# What is "TP" setting in radio?



## hapster (Dec 15, 2003)

On my sat nav radio (vagged to no warning screen), went to "Band". On the left side, I have FM1, FM2 and TP. Looked it up in the manual. Could find no refernce to TP. So i push TP. Plenty of stations in Denver area. Radio searches thru all of them, then settles on one smallish jazz station, the only one that has a "TP" on the screen. Not a bad station, but I tend to miss some of the others! Turn off TP, all ok.
So vortexers, lead me out of the darkness and honor me with the light of your knowledge: what is TP?


----------



## td_treg (Jan 23, 2004)

*Re: What is "TP" setting in radio? (hapster)*

TP stands for Traffic Program.
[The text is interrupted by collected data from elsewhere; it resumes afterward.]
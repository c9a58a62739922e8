-- ===== src/Interleaved/Calls.antt =====
-- Which method of lib/storage.js each step of the interleaved polls performs, and with what.
pub mod Steps
use wax_rng_oracle.Prelude.{
  ℕ, ◌≡◌, refl, Bool, true, false, not, Option, none, some, List, [], ◌∷◌, ◌++◌, includes,
  if◌then◌else◌, Bool-cases, inl, inr, arith,
}
use wax_rng_oracle.Dict.{lookup}
use wax_rng_oracle.Model.{Job, Undelivered}
use wax_rng_oracle.RngPusher.{
  no_error, no_detail, detail, Thrown, rpc, type_error, other, Pushed, sent, refused, silent, threw,
  refuse, setrand_refusals, markfailed_refusals, retrydeliver_refusals, cleanup_refusals,
}
use wax_rng_oracle.Storage.{
  Storage, Failure, DeliveryFailure, get_all_failed_jobs, get_all_failed_deliveries, job_failed,
  job_deliver_fail,
}
use wax_rng_oracle.Storage.Cleared.{
  Call, job_failed_call, clear_failed_call, deliver_fail_call, clear_deliveries_call, perform,
}
use wax_rng_oracle.Poller.{State, Member, Outside, count, retry_deliver_success}
use wax_rng_oracle.Poller.Deliver.{after_cleanup, catch_cleanup}
use wax_rng_oracle.Interleaved.Results.{
  Trouble, ResultPc, ResultMove, meta_of, recalled, loaded, not_loaded, answers, reads, writes,
  is_marked, mark_is_posted, is_posted,
}
use wax_rng_oracle.Interleaved.Results.Kept.{Fits, ResultOk}
use wax_rng_oracle.Interleaved.Added.{
  next_result-Still, after_send-Still, written-Still, after_marking-Still,
}
use wax_rng_oracle.Interleaved.Deliveries.{
  DeliveryPc, next_delivery, catch_delivery, after_retry, DeliveryMove, CleanupPc, CleanupMove,
}
use wax_rng_oracle.Interleaved.Clearing.{
  ClearPc, next_read, judged, ClearMove, DeliveredPc, next_row, with_row, DeliveredMove,
}

-- The storage after the call, if there is one.
abbrev pub after_call : Option Call → Storage → Storage
after_call none d = d
after_call (some c) d = perform c d

-- `jobFailed` works on the record that it read: if that was dropped while the poll waited, the call has no
-- effect.
abbrev pub recorded : (found current : Option Failure) → Call → Option Call
recorded (some f) none c = none
recorded _ _ c = some c

-- `pollJobsToExecute` calls `jobFailed` for the job that failed, when it has read its record.
abbrev pub result_call :
    {m : Member} {o : Outside} {listed : List Job} {s : State} {p : ResultPc} {r : ResultPc × State}
    → ResultMove m o listed s p r
    → Option Call
result_call {o} {s} (reads {t} {job} {jobs} {found} now) =
    recorded found (lookup job.id s.db.failures) (job_failed_call now job (meta_of o job t))
result_call _ = none

-- Which errors of `retrydeliver` count as a failed delivery.
abbrev pub delivery_fails : Thrown → Bool
delivery_fails (rpc no_error) = false
delivery_fails (rpc (detail text)) = not (includes text "No undelivered result found")
delivery_fails _ = true

abbrev pub lost_delivery : ℕ → Undelivered → Pushed → Option Call
lost_delivery now u (threw e) = if delivery_fails e then some (deliver_fail_call now u) else none
lost_delivery now u _ = none

-- `pollJobToRetryDeliver` calls `jobDeliverFail` for the row whose delivery failed.
abbrev pub delivery_call :
    {m : Member} {s : State} {p : DeliveryPc} {r : DeliveryPc × State}
    → DeliveryMove m s p r
    → Option Call
delivery_call (DeliveryMove.answers {u} now a) =
    lost_delivery now u (refuse retrydeliver_refusals a)
delivery_call _ = none

abbrev pub end_of_reads : List Failure → List ℕ → Option Call
end_of_reads [] ids = some (clear_failed_call ids)
end_of_reads (f ∷ fs) ids = none

-- `clearResolvedFailures` calls `clearFailedJobs` once it has read the rows of all the records.
abbrev pub clear_call :
    {s : State} {p : ClearPc} {r : ClearPc × State} → ClearMove s p r → Option Call
clear_call {s} ClearMove.starts = end_of_reads (get_all_failed_jobs s.db) []
clear_call (ClearMove.has_read {f} {fs} {ids} row) = end_of_reads fs (judged f row ids)
clear_call _ = none

abbrev pub end_of_rows : List DeliveryFailure → List ℕ → Option Call
end_of_rows [] ids = some (clear_deliveries_call ids)
end_of_rows (f ∷ fs) ids = none

-- So `clearResolvedDeliveryFailures` calls `clearDeliveryFailures`.
abbrev pub delivered_call :
    {s : State} {p : DeliveredPc} {r : DeliveredPc × State} → DeliveredMove s p r → Option Call
delivered_call {s} DeliveredMove.starts = end_of_rows (get_all_failed_deliveries s.db) []
delivered_call (DeliveredMove.has_read {f} {fs} {ids} row) = end_of_rows fs (with_row f row ids)
delivered_call _ = none

recalled-call :
    (m : Member) (o : Outside) (listed : List Job) (now : ℕ) (t : Trouble) (job : Job)
    (jobs : List Job) (found : Option Failure) (s : State)
    → Fits m o listed s.db job found
    → (recalled o now t job jobs found s).1.db
      ≡ after_call
          (recorded found (lookup job.id s.db.failures) (job_failed_call now job (meta_of o job t)))
          s.db
unfolding perform job_failed
recalled-call m o listed now t job jobs none s fits = rw fits refl
recalled-call m o listed now t job jobs (some f) s fits = split (lookup job.id s.db.failures) refl
  where
    split :
        (current : Option Failure)
        → lookup job.id s.db.failures ≡ current
        → (recalled o now t job jobs (some f) s).1.db
          ≡ after_call (recorded (some f) current (job_failed_call now job (meta_of o job t))) s.db
    split none e = rw e refl
    split (some g) e = rw e refl

-- What a step of `pollJobsToExecute` does to the storage.
pub ResultMove-call :
    {m : Member} {o : Outside} {listed : List Job} {s : State} {p : ResultPc} {r : ResultPc × State}
    (mv : ResultMove m o listed s p r)
    → ResultOk m o listed s.db p
    → r.1.db ≡ after_call (result_call mv) s.db
ResultMove-call {m} {o} {listed} {s} (loaded jobs h) ok = next_result-Still m o listed jobs s
ResultMove-call (not_loaded e) ok = refl
ResultMove-call {m} {o} {listed} {s} (answers {signature} {job} {jobs} a) ok =
    after_send-Still m o listed signature job jobs (refuse setrand_refusals a) s
ResultMove-call {m} {o} {listed} {s} (reads {t} {job} {jobs} {found} now) ok =
    recalled-call m o listed now t job jobs found s ok.3
ResultMove-call {m} {o} {listed} {s} (writes {t} {job} {jobs} now) ok =
    written-Still m o listed now t jobs (lookup job.id s.db.failures) s
ResultMove-call {m} {o} {listed} {s} (is_marked {jobs} a) ok =
    after_marking-Still m o listed jobs (refuse markfailed_refusals a) s
ResultMove-call mark_is_posted ok = refl
ResultMove-call {m} {o} {listed} {s} (is_posted {jobs}) ok = next_result-Still m o listed jobs s

db-next_delivery :
    (m : Member) (us : List Undelivered) (s : State) → (next_delivery m us s).1.db ≡ s.db
db-next_delivery m [] s = refl
db-next_delivery m (u ∷ us) s = refl

catch_delivery-call :
    (m : Member) (now : ℕ) (u : Undelivered) (us : List Undelivered) (e : Thrown) (s : State)
    → (catch_delivery m now u us e s).1.db ≡ after_call (lost_delivery now u (threw e)) s.db
unfolding catch_delivery perform
catch_delivery-call m now u us (rpc no_error) s = refl
catch_delivery-call m now u us (rpc no_detail) s = refl
catch_delivery-call m now u us (rpc (detail text)) s =
    elim (Bool-cases (includes text "No undelivered result found")) [
      | inl gone ↦ rw gone (db-next_delivery m us s)
      | inr there ↦ rw there refl
    ]
catch_delivery-call m now u us type_error s = refl
catch_delivery-call m now u us (other e) s = refl

pub DeliveryMove-call :
    {m : Member} {s : State} {p : DeliveryPc} {r : DeliveryPc × State} (mv : DeliveryMove m s p r)
    → r.1.db ≡ after_call (delivery_call mv) s.db
DeliveryMove-call {m} {s} (DeliveryMove.loaded us) = db-next_delivery m us s
DeliveryMove-call (DeliveryMove.not_loaded e) = refl
DeliveryMove-call {m} {s} (DeliveryMove.answers {u} {us} now a) =
    answered (refuse retrydeliver_refusals a)
  where
    answered :
        (p : Pushed) → (after_retry m now u us p s).1.db ≡ after_call (lost_delivery now u p) s.db
    answered (threw e) = catch_delivery-call m now u us e s
    answered (sent id) = db-next_delivery m us (count retry_deliver_success s)
    answered refused = db-next_delivery m us (count retry_deliver_success s)
    answered silent = db-next_delivery m us (count retry_deliver_success s)
DeliveryMove-call DeliveryMove.writes = refl
DeliveryMove-call {m} {s} (DeliveryMove.is_posted {us}) = db-next_delivery m us s

db-caught : (e : Thrown) (s : State) → (catch_cleanup e s).0.db ≡ s.db
unfolding catch_cleanup
db-caught e s = ground arith

pub CleanupMove-call :
    {m : Member} {s : State} {p : CleanupPc} {r : CleanupPc × State}
    → CleanupMove m s p r
    → r.1.db ≡ s.db
CleanupMove-call CleanupMove.starts = refl
CleanupMove-call {s} (CleanupMove.answers a) = answered (refuse cleanup_refusals a)
  where
    answered : (p : Pushed) → (after_cleanup p s).0.db ≡ s.db
    answered (threw e) = db-caught e s
    answered (sent id) = refl
    answered refused = refl
    answered silent = refl

next_read-call :
    (fs : List Failure) (ids : List ℕ) (s : State)
    → (next_read fs ids s).1.db ≡ after_call (end_of_reads fs ids) s.db
unfolding perform
next_read-call [] ids s = refl
next_read-call (f ∷ fs) ids s = refl

pub ClearMove-call :
    {s : State} {p : ClearPc} {r : ClearPc × State} (mv : ClearMove s p r)
    → r.1.db ≡ after_call (clear_call mv) s.db
ClearMove-call {s} ClearMove.starts = next_read-call (get_all_failed_jobs s.db) [] s
ClearMove-call {s} (ClearMove.has_read {f} {fs} {ids} row) = next_read-call fs (judged f row ids) s
ClearMove-call (ClearMove.not_read e) = refl
ClearMove-call ClearMove.writes = refl

next_row-call :
    (fs : List DeliveryFailure) (ids : List ℕ) (s : State)
    → (next_row fs ids s).1.db ≡ after_call (end_of_rows fs ids) s.db
unfolding perform
next_row-call [] ids s = refl
next_row-call (f ∷ fs) ids s = refl

pub DeliveredMove-call :
    {s : State} {p : DeliveredPc} {r : DeliveredPc × State} (mv : DeliveredMove s p r)
    → r.1.db ≡ after_call (delivered_call mv) s.db
DeliveredMove-call {s} DeliveredMove.starts = next_row-call (get_all_failed_deliveries s.db) [] s
DeliveredMove-call {s} (DeliveredMove.has_read {f} {fs} {ids} row) =
    next_row-call fs (with_row f row ids) s
DeliveredMove-call (DeliveredMove.not_read e) = refl
DeliveredMove-call DeliveredMove.writes = refl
It designates stations that broadcast traffic announcements. The TP mode should only find the stations that broadcast this signal.
The signal is typically sent out by the station before and after a traffic announcement so that your radio/cd player can pause whatever you’re listening to (CD/Tape/Aux/etc.) and switch over to the announcement. Once the announcement is over the radio/cd player should switch back to whatever you were listening before.
I wasn’t aware that this technology is also being used in the US. It has been in place in Europe for many years.


----------



## sciencegeek (Oct 26, 2003)

*Re: What is "TP" setting in radio? (hapster)*

Touareg Preference.
The NAV cpu has a sensor that integrates your elecrostatic potential with your driving style and finds a station that plays music whose digital profile most closely matches it.


----------



## henry14 (Nov 8, 2003)

If you activate TP in the Touareg only the TP stations will play.


----------



## eggyacid (Jan 31, 2002)

My NAV does not show TP


----------



## aircooled (Jul 30, 2003)

*Re: What is "TP" setting in radio? (hapster)*

Hey Hap, good to hear from you again. Yes, TP is for traffic priority. Unfortunately, it is not in use in the US. The reason that you see it is because that we vagged your NAV system to euro settings.
Hap, I don't have your email address. I want to get you on our rally list. Can you email me at c.m.hammock [at] att dot net? Thanks!


----------